-- Required work --
Using the listing below, give the number of lines where "unfolding" appears, and nothing else.

-- Records for the exercise --

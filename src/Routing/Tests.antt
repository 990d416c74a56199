-- ===== src/Routing/Tests.antt =====
-- Routings with one project.
use shared_ts_libs.Base.{
  true, false, ◌≡◌, refl, List, [], ◌∷◌, none, some, Text, codes, All, if◌then◌else◌, starts_with,
  drop, length,
}
use shared_ts_libs.Routing.Regex.{test}
use shared_ts_libs.Routing.Names.{
  Removal, QueueConfig, TopicConfig, invalid_topic, invalid_queue, duplicated_item,
  topic_name_regex, queue_name_regex, check_name, validate_topics_config,
}
use shared_ts_libs.Routing.Config.{
  ok, throws, inherited, is_inherited, GroupedTopic, new_sns_resolver, get_topic_config,
}
use shared_ts_libs.Routing.Conventions.{
  IsTopic, IsPlain, RemovesPlain, starts_with-append, drop-append,
}
use shared_ts_libs.Routing.Found.{IsFound, FindsNoOther, new_sns_resolver-IsFound}

-- A runtime that reads each project as itself.
abbrev literal : Removal
literal project name =
    if starts_with project name then some (drop (length project) name) else some name

literal-RemovesPlain : RemovesPlain literal
literal-RemovesPlain project s plain = rw (starts_with-append project s, drop-append project s) refl

cats-IsPlain : IsPlain (codes "cats")
cats-IsPlain = (refl, (refl, (refl, (refl, tt))))

abbrev queue : Text → QueueConfig
queue name = record { queue_name = name; is_external = false }

abbrev topic : Text → List QueueConfig → TopicConfig
topic name queues = record {
  topic_name = name;
  is_external = false;
  queues = queues;
  external_apps = none;
}

abbrev topics : List TopicConfig
topics =
    topic (codes "cats-fed_daily") (queue (codes "cats-feeding-diary") ∷ [])
    ∷ topic (codes "cats_owner") []
    ∷ []

routing : Unit {0}
unfolding new_sns_resolver get_topic_config is_inherited validate_topics_config check_name
    topic_name_regex queue_name_regex test
routing = tt

naming_tests :
    (validate_topics_config literal (codes "cats") topics ≡ none)
    × (validate_topics_config literal (codes "cats") (topic (codes "cats-Fed") [] ∷ [])
        ≡ some (invalid_topic (codes "cats-Fed")))
    × (validate_topics_config literal
          (codes "cats")
          (topic (codes "cats-fed") (queue (codes "cats-a-b-c-d") ∷ []) ∷ [])
        ≡ some (invalid_queue (codes "cats-a-b-c-d")))
    × (new_sns_resolver literal false
          (codes "cats")
          (topic (codes "a") [] ∷ topic (codes "a") [] ∷ [])
        ≡ throws (duplicated_item (codes "a")))
    × (new_sns_resolver literal false (codes "cats") (topic (codes "constructor") [] ∷ [])
        ≡ throws (duplicated_item (codes "constructor")))
    × (get_topic_config (codes "toString") [] ≡ ok inherited)
unfolding routing
naming_tests = (refl, refl, refl, refl, refl, refl)

abbrev table : List (Text × GroupedTopic)
table =
    (
      codes "cats-fed_daily",
      record {
        topic = topic (codes "cats-fed_daily") (queue (codes "cats-feeding-diary") ∷ []);
        queues = (codes "cats-feeding-diary", queue (codes "cats-feeding-diary")) ∷ [];
      },
    )
    ∷ (codes "cats_owner", record { topic = topic (codes "cats_owner") []; queues = [] })
    ∷ []

table_made : new_sns_resolver literal true (codes "cats") topics ≡ ok table
unfolding routing
table_made = refl

new_sns_resolver-IsFound_example :
    All (IsFound table) topics
    × FindsNoOther topics table
    × (true ≡ true → All (IsTopic (codes "cats")) topics)
new_sns_resolver-IsFound_example =
    new_sns_resolver-IsFound literal true (codes "cats") topics literal-RemovesPlain cats-IsPlain
      table_made
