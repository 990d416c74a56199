-- ===== src/Send.antt =====
-- Sending a request that a contract describes: backend-http-client/src/api-contract/sendByApiContract.ts.
pub mod Request
pub mod Response
pub mod Client
pub mod Blob
pub mod Events
pub mod Headers
pub mod Paths
pub mod Answers
pub mod Outcomes
pub mod Tests
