-- ===== src/Send/Request.antt =====
-- The request of `sendByApiContract`: its headers, path and signal. The headers are those that the
-- `Headers` object holds, with names in lower case.
use shared_ts_libs.Base.{
  Bool, true, false, not, ◌&&◌, ◌==◌, List, [], ◌∷◌, ◌++◌, Option, none, some, String, Text, Dict,
  lookup, insert, str_eq, if◌then◌else◌,
}
use shared_ts_libs.Number.{Numbers}
use shared_ts_libs.Retry.Config.{RetryConfig}
use shared_ts_libs.Retry.Loop.{Thrown}

-- A function of headers comes to headers, or throws.
pub data HeadersParam : Type 0 where
  value : Dict String → HeadersParam
  throws : Thrown → HeadersParam

pub data SendError : Type 0 where
  threw : Thrown → SendError
  custom_accept : String → SendError
  unreadable_body : SendError
  invalid_body : SendError
  invalid_headers : SendError

pub data Sent (A : Type 0) : Type 0 where
  resolves : A → Sent A
  rejects : SendError → Sent A

abbrev pub and_then : {A B : Type 0} → Sent A → (A → Sent B) → Sent B
and_then (resolves a) f = f a
and_then (rejects e) f = rejects e

pub data Method : Type 0 where
  get delete post put patch : Method

-- `method.toUpperCase()`
abbrev pub method_text : Method → String
method_text get = "GET"
method_text delete = "DELETE"
method_text post = "POST"
method_text put = "PUT"
method_text patch = "PATCH"

-- `path` is what the contract's path resolver makes of the path parameters, `body` is the JSON text.
pub record Params (n : Numbers) : Type 0 where
  pub path : Text
  pub path_prefix : Option Text
  pub body : Option String
  pub query_params : Option (Dict String)
  pub headers : Option HeadersParam
  pub request_id : Option String
  pub streaming : Option Bool
  pub disable_keep_alive : Option Bool
  pub retry : Option (Option (RetryConfig n))
  pub timeout : Option n.Num
  pub has_signal : Bool
  pub strict_content_type : Option Bool
  pub capture_as_error : Option Bool

-- What aborts an attempt.
pub data SignalSource (n : Numbers) : Type 0 where
  caller : SignalSource n
  deadline : n.Num → SignalSource n

pub record Request (n : Numbers) : Type 0 where
  pub method : String
  pub path : Text
  pub body : Option String
  pub query : Option (Dict String)
  pub headers : Dict String
  pub reset : Bool
  pub signal : List (SignalSource n)

abbrev pub or_default : {A : Type 0} → Option A → A → A
or_default none d = d
or_default (some a) d = a

unfoldable pub resolve_request_headers : Option HeadersParam → Sent (Dict String)
resolve_request_headers none = resolves []
resolve_request_headers (some (value h)) = resolves h
resolve_request_headers (some (throws e)) = rejects (threw e)

-- No source is no signal.
unfoldable pub resolve_attempt_signal : {n : Numbers} → Bool → Option n.Num → List (SignalSource n)
resolve_attempt_signal true none = caller ∷ []
resolve_attempt_signal false none = []
resolve_attempt_signal true (some ms) = caller ∷ deadline ms ∷ []
resolve_attempt_signal false (some ms) = deadline ms ∷ []

-- `if (!headers.has(name)) headers.set(name, value)`
abbrev pub set_unless_there : String → String → Dict String → Dict String
set_unless_there name v h = elim (lookup name h) [ none ↦ insert name v h | some w ↦ h ]

unfoldable pub with_request_id : Option String → Dict String → Dict String
with_request_id none h = h
with_request_id (some id) h = set_unless_there "x-request-id" id h

unfoldable pub with_content_type : Option String → Dict String → Dict String
with_content_type none h = h
with_content_type (some body) h = set_unless_there "content-type" "application/json" h

unfoldable pub accepting : Option String → Dict String → Sent (Dict String)
accepting none h = resolves (insert "accept" "text/event-stream" h)
accepting (some existing) h =
    if not (str_eq existing "") && not (str_eq existing "text/event-stream")
    then rejects (custom_accept existing)
    else resolves (insert "accept" "text/event-stream" h)

unfoldable pub with_accept : Bool → Dict String → Sent (Dict String)
unfolding accepting
with_accept false h = resolves h
with_accept true h = accepting (lookup "accept" h) h

unfoldable pub request_headers :
    Bool → Option String → Option String → Dict String → Sent (Dict String)
unfolding with_request_id with_content_type with_accept
request_headers use_streaming request_id body user =
    with_accept use_streaming (with_content_type body (with_request_id request_id user))

-- 47 is the slash.
abbrev pub starts_with_slash : Text → Bool
starts_with_slash [] = false
starts_with_slash (c ∷ t) = c == 47

abbrev pub ends_with_slash : Text → Bool
ends_with_slash [] = false
ends_with_slash (c ∷ []) = c == 47
ends_with_slash (c ∷ d ∷ t) = ends_with_slash (d ∷ t)

-- `slice(0, -1)` and `slice(1)`
abbrev pub without_last : Text → Text
without_last [] = []
without_last (c ∷ []) = []
without_last (c ∷ d ∷ t) = c ∷ without_last (d ∷ t)

abbrev pub without_first : Text → Text
without_first [] = []
without_first (c ∷ t) = t

unfoldable pub ensure_starts_with_slash : Text → Text
ensure_starts_with_slash t = if starts_with_slash t then t else 47 ∷ t

unfoldable pub build_request_path : Text → Option Text → Text
unfolding ensure_starts_with_slash
build_request_path path none = ensure_starts_with_slash path
build_request_path path (some []) = ensure_starts_with_slash path
build_request_path path (some (c ∷ p)) =
    let prefix = c ∷ p in
    ensure_starts_with_slash (
      (if ends_with_slash prefix then without_last prefix else prefix)
      ++ 47 ∷ (if starts_with_slash path then without_first path else path))

module _ {n : Numbers} where
  unfoldable pub base_request : Method → Params n → Dict String → Request n
  unfolding resolve_attempt_signal build_request_path
  base_request method params headers = record {
    method = method_text method;
    path = build_request_path params.path params.path_prefix;
    body = params.body;
    query = params.query_params;
    headers = headers;
    reset = or_default params.disable_keep_alive false;
    signal = resolve_attempt_signal params.has_signal params.timeout;
  }

  -- The request, or what is thrown before any call.
  unfoldable pub build_request : Method → Bool → Params n → Sent (Request n)
  unfolding resolve_request_headers request_headers base_request
  build_request method use_streaming params =
      and_then (resolve_request_headers params.headers) (λ user.
        and_then (request_headers use_streaming params.request_id params.body user)
          (λ h. resolves (base_request method params h)))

-- Answer for this exercise --
8